We sketch the above code as block scheme below:

The first thing to note is that we can find an infinite number of collisions just by appending arbitrary data after 10 blocks. However, this is not interesting to us, but completely defeats the conditions for a safe cryptographic hash function.

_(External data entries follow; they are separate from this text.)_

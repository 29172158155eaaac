-- ===== src/Clmm/Orders/Laws.antt =====
-- quote/clmm.rs: theorems on the filling of limit orders.
use flow_trades_solana.Base.{
  ℕ, ◌+◌, ◌-◌, ◌*◌, ◌/◌, ◌^◌, ◌≤◌, ◌<◌, ◌≡◌, ap, Bool, true, false, some, u128_max, arith, inl, inr,
  Option-cases, div_ceil, if◌then◌else◌, mul-le-mul_left, mul-le-mul_right,
}
use native.Mathlib.Nat.{mod-le}
use flow_trades_solana.Base.Arith.{
  div-mul-le, le-div_ceil-mul, div_ceil-le, div-le_self_of_le, fee_on_top-le,
}
use flow_trades_solana.Clmm.Wide.{mul_div_floor, mul_div_ceil}
use flow_trades_solana.Clmm.Wide.Laws.{mul_div_floor-le, mul_div_ceil-le, mul_div_ceil_lem}
use flow_trades_solana.Clmm.Price.{q64}
use flow_trades_solana.Clmm.Step.{fee_denominator_ppm}
use flow_trades_solana.Clmm.Orders.{
  fusion_full_in, fill_fusion_orders, Match, bought, cost, Priced, priced, input_fee, settle,
  match_limit_orders,
}

-- More input than buys all the orders costs more than they do.
enough : (x p q u m : ℕ) → 0 < q → m ≤ x * p / q → u < m → u * q ≤ x * p
enough x p q u m hq le lt =
    omega (arith, div-mul-le (x * p) q, mul-le-mul_right q le, mul-le-mul_right q lt)

cost-le :
    (u x p : ℕ) (d : Bool) {m c : ℕ} → bought x p d ≡ some m → u < m → cost u p d ≡ some c → c ≤ x
unfolding bought cost
cost-le u x p true {m = m} h lt k =
    let (pos, le) = mul_div_floor-le x p q64 h in
    let (pos1, le1) = mul_div_ceil-le u q64 p k in
    omega (arith, le1, div_ceil-le (u * q64) p x pos1 (enough x p q64 u m pos le lt))
cost-le u x p false {m = m} h lt k =
    let (pos, le) = mul_div_floor-le x q64 p h in
    let (pos1, le1) = mul_div_ceil-le u p q64 k in
    omega (arith, le1, div_ceil-le (u * p) q64 x pos1 (enough x q64 p u m pos le lt))

bounded : (u x c : ℕ) → 0 < c → x ≤ c → u * x / c ≤ u
bounded u x c pos le = div-le_self_of_le u (u * x) c pos (mul-le-mul_left u le)

-- The fee taken from an input: within it, and at least its share.
fee_share :
    (r f : ℕ) {g : ℕ}
    → r ≤ u128_max
    → f < fee_denominator_ppm
    → mul_div_ceil r f fee_denominator_ppm ≡ some g
    → (g ≤ r) × ((r - g) * fee_denominator_ppm ≤ r * (fee_denominator_ppm - f))
fee_share r f {g = g} rb hf h =
    let eq : g ≡ div_ceil (r * f) fee_denominator_ppm =
      ground (arith, mul_div_ceil_lem r f fee_denominator_ppm rb (omega arith)) in
    let part : r * f ≤ r * fee_denominator_ppm = mul-le-mul_left r (omega arith) in
    let le : g ≤ r = rw eq (div_ceil-le (r * f) fee_denominator_ppm r (omega arith) part) in
    let share : r * f ≤ g * fee_denominator_ppm =
      rw eq (le-div_ceil-mul (r * f) fee_denominator_ppm (omega arith)) in
    let whole : fee_denominator_ppm - f + f ≡ fee_denominator_ppm = omega arith in
    (le, omega (arith, share, ap (λ (t : ℕ). r * t) whole))

-- What is charged on top of a smaller amount fits.
top_fits :
    (r f g c : ℕ)
    → f < fee_denominator_ppm
    → (r - g) * fee_denominator_ppm ≤ r * (fee_denominator_ppm - f)
    → c ≤ r - g
    → c + div_ceil (c * f) (fee_denominator_ppm - f) ≤ r
top_fits r f g c hf share le = fee_on_top-le fee_denominator_ppm r f c hf (omega (arith, share, le))

record Within (u r : ℕ) (on : Bool) (p : Priced) : Type 0 where
  out_le : p.amount_out ≤ u
  in_le : (if on then p.amount_in + p.fee else p.amount_in) ≤ r

priced_on :
    (u r g price f : ℕ) (d : Bool) {p : Priced}
    → f < fee_denominator_ppm
    → g ≤ r
    → (r - g) * fee_denominator_ppm ≤ r * (fee_denominator_ppm - f)
    → priced u (r - g) g price f d true ≡ some p
    → Within u r true p
unfolding priced
priced_on u r g price f d hf gr share h = elim (Option-cases (bought (r - g) price d)) [
  | inl e ↦ ground arith
  | inr (m, e) ↦ elim (Option-cases (cost u price d)) [
    | inl e1 ↦ ground arith
    | inr (c, e1) ↦ elim (Option-cases (mul_div_ceil c f (fee_denominator_ppm - f))) [
      | inl e2 ↦ ground arith
      | inr (w, e2) ↦
          let le = mul_div_ceil-le c f (fee_denominator_ppm - f) e2 in
          ground (arith, le, cost-le u (r - g) price d {m = m} {c = c} e, top_fits r f g c hf share)
    ]
  ]
]

priced_off :
    (u r price f : ℕ) (d : Bool) {p : Priced}
    → priced u r 0 price f d false ≡ some p
    → Within u r false p
unfolding priced
priced_off u r price f d h = elim (Option-cases (bought r price d)) [
  | inl e ↦ ground arith
  | inr (m, e) ↦ elim (Option-cases (cost u price d)) [
    | inl e1 ↦ ground arith
    | inr (c, e1) ↦ ground (arith, cost-le u r price d {m = m} {c = c} e)
  ]
]

settle_on :
    (u r f : ℕ) (p : Priced) {m : Match}
    → Within u r true p
    → settle f true p ≡ some m
    → (m.filled ≤ u) × (m.got ≤ m.filled) × (m.used ≤ r)
unfolding settle
settle_on u r f p w h = let a = w.out_le in let b = w.in_le in ground (arith, a, b)

settle_off :
    (u r f : ℕ) (p : Priced) {m : Match}
    → Within u r false p
    → settle f false p ≡ some m
    → (m.filled ≤ u) × (m.got ≤ m.filled) × (m.used ≤ r)
unfolding settle
settle_off u r f p w h = let a = w.out_le in let b = w.in_le in ground (arith, a, b)

-- For machine integers and a fee below the whole: when orders are matched, at most the orders are filled,
-- the swap gets at most what is filled, and it uses at most the input that remains, its fee included.
pub match_limit_orders_bounds :
    (unfilled remaining price fee : ℕ) (a_to_b on : Bool) {m : Match}
    → remaining ≤ u128_max
    → fee < fee_denominator_ppm
    → match_limit_orders unfilled remaining price fee a_to_b on ≡ some m
    → (m.filled ≤ unfilled) × (m.got ≤ m.filled) × (m.used ≤ remaining)
unfolding match_limit_orders input_fee
match_limit_orders_bounds u r p f d true {m = m} rb hf h =
    let prod = if d then p * p else p * p + (q64 - 1) in
    let price = prod / 2 ^ 64 in
    elim (Option-cases (mul_div_ceil r f fee_denominator_ppm)) [
      | inl e ↦ ground arith
      | inr (g, e) ↦ elim (Option-cases (priced u (r - g) g price f d true)) [
        | inl e1 ↦ ground arith
        | inr (x, e1) ↦
            let (gr, share) = fee_share r f rb hf e in
            let done = settle_on u r f x {m = m} (priced_on u r g price f d hf gr share e1) in
            ground (arith, done)
      ]
    ]
match_limit_orders_bounds u r p f d false {m = m} rb hf h =
    let prod = if d then p * p else p * p + (q64 - 1) in
    let price = prod / 2 ^ 64 in
    elim (Option-cases (priced u r 0 price f d false)) [
      | inl e1 ↦ ground arith
      | inr (x, e1) ↦
          let done = settle_off u r f x {m = m} (priced_off u r price f d e1) in
          ground (arith, done)
    ]

-- For machine integers and a fee below the whole: when Fusion's orders are filled, the swap gets at most
-- the orders and uses at most the input that remains, its fee included.
pub fill_fusion_orders_bounds :
    (unfilled remaining price fee : ℕ) (a_to_b : Bool) {used got : ℕ}
    → remaining ≤ u128_max
    → fee < fee_denominator_ppm
    → fill_fusion_orders unfilled remaining price fee a_to_b ≡ some (used, got)
    → (used ≤ remaining) × (got ≤ unfilled)
unfolding fill_fusion_orders
fill_fusion_orders_bounds u r p f d rb hf h =
    let k = fee_denominator_ppm - f in
    elim (Option-cases (fusion_full_in u p d)) [
      | inl e ↦ ground arith
      | inr (c, e) ↦ elim (Option-cases (mul_div_ceil c f k)) [
        | inl e1 ↦ ground arith
        | inr (w, e1) ↦ elim (Option-cases (mul_div_ceil r f fee_denominator_ppm)) [
          | inl e2 ↦ ground arith
          | inr (g, e2) ↦ elim (Option-cases (mul_div_floor u (r - g) c)) [
            | inl e3 ↦ ground arith
            | inr (o, e3) ↦
                let (gr, share) = fee_share r f rb hf e2 in
                let (pos, le) = mul_div_floor-le u (r - g) c e3 in
                let (_, top) = mul_div_ceil-le c f k e1 in
                ground (
                  arith,
                  le,
                  top,
                  top_fits r f g c hf share,
                  mod-le (c + w) (2 ^ 128),
                  bounded u (r - g) c pos,
                )
          ]
        ]
      ]
    ]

This Merkle-Damgård-like structure allows us to solve blocks iteratively, starting from the first. Here is how. Starting from the first block, we can find an input to the function $H$ such that when rotated 7 steps is equal to block 0 (here, denoted $B_0$). Hence, the problem we solve is to find an $x$ such that $H(x) \ll 7 = B_0$. This is a simple thing for Z3. Then, we take the next block and solve for $(H(x) \oplus B_0) \ll 7 = B_1$ and so forth. Implemented in Python/Z3, it may look like the following:

```from z3 import *
import binascii, string, itertools

bits = 32
mask = 2**bits - 1
allowed_chars = string.printable

def convert_to_hex(s):
return ''.join([hex(ord(x))[2:].zfill(2) for x in s[::-1]])

def convert_to_string(h):
return ''.join([chr(int(x, 16)) for x in list(map(''.join, zip(*[iter(hex(h)[2:])]*2)))[::-1]])

def rot(val, steps):
return (val << (bits-steps)) | LShR(val, steps)

def hash_foobar(input):
eax = rot(input ^ 0x24f50094, (input ^ 0x24f50094) & 0xf)
eax = rot(eax + 0x2219ab34, bits - (eax + 0x2219ab34 & 0xf))
eax = eax * 0x69a2c4fe
return eax & mask

def break_iteratively(hashdata, i):

if i == 0: prev_block = 0
else: prev_block = hashdata[i-1]

s = Solver()
j = BitVec('current_block', bits)

eax = rot(prev_block ^ hash_foobar(j), 7)
block_preimages = []

while s.check() == sat:
sol = s.model()
block_string = convert_to_string(sol[j].as_long())
if all(c in allowed_chars for c in block_string):
block_preimages.append(block_string)

return block_preimages

known = '9513aaa552e32e2cad6233c4f13a728a5c5b8fc879febfa9cb39d71cf48815e10ef77664050388a3' # this the hash of the file
data = list(map(''.join, zip(*[iter(known)]*8)))
hashdata = [int(x, 16) for x in data]

print '[+] Hash:', ''.join(data)
print '[+] Found potential hashes:\n'
for x in itertools.product(*[break_iteratively(hashdata, i) for i in range(10)]):
print ' * ' + ''.join(x)
```

This code is surprisingly fast, thanks to Z3, and runs in 0.3 seconds. Taking all possible collisions into consideration…

```[+] Hash: 9513aaa552e32e2cad6233c4f13a728a5c5b8fc879febfa9cb39d71cf48815e10ef77664050388a3
[+] Found potential hashes:

* CTFEC0nstra1nts_m4keth_fl4g}
* CTFEC0nstra1nts_m4keth_nl4g}
* CTFEC0nstra1nws_m4keth_fl4g}
* CTFEC0nstra1nws_m4keth_nl4g}
* CTFEC0nstra9nts_m4keth_fl4g}
* CTFEC0nstra9nts_m4keth_nl4g}
* CTFEC0nstra9nws_m4keth_fl4g}
* CTFEC0nstra9nws_m4keth_nl4g}
* CTF{C0nstra1nts_m4keth_fl4g}
* CTF{C0nstra1nts_m4keth_nl4g}
* CTF{C0nstra1nws_m4keth_fl4g}
* CTF{C0nstra1nws_m4keth_nl4g}
* CTF{C0nstra9nts_m4keth_fl4g}
* CTF{C0nstra9nts_m4keth_nl4g}
* CTF{C0nstra9nws_m4keth_fl4g}
* CTF{C0nstra9nws_m4keth_nl4g}
```

…we finally conclude that the flag is the SHA-256 of `C0nstra1nts_m4keth_fl4g`.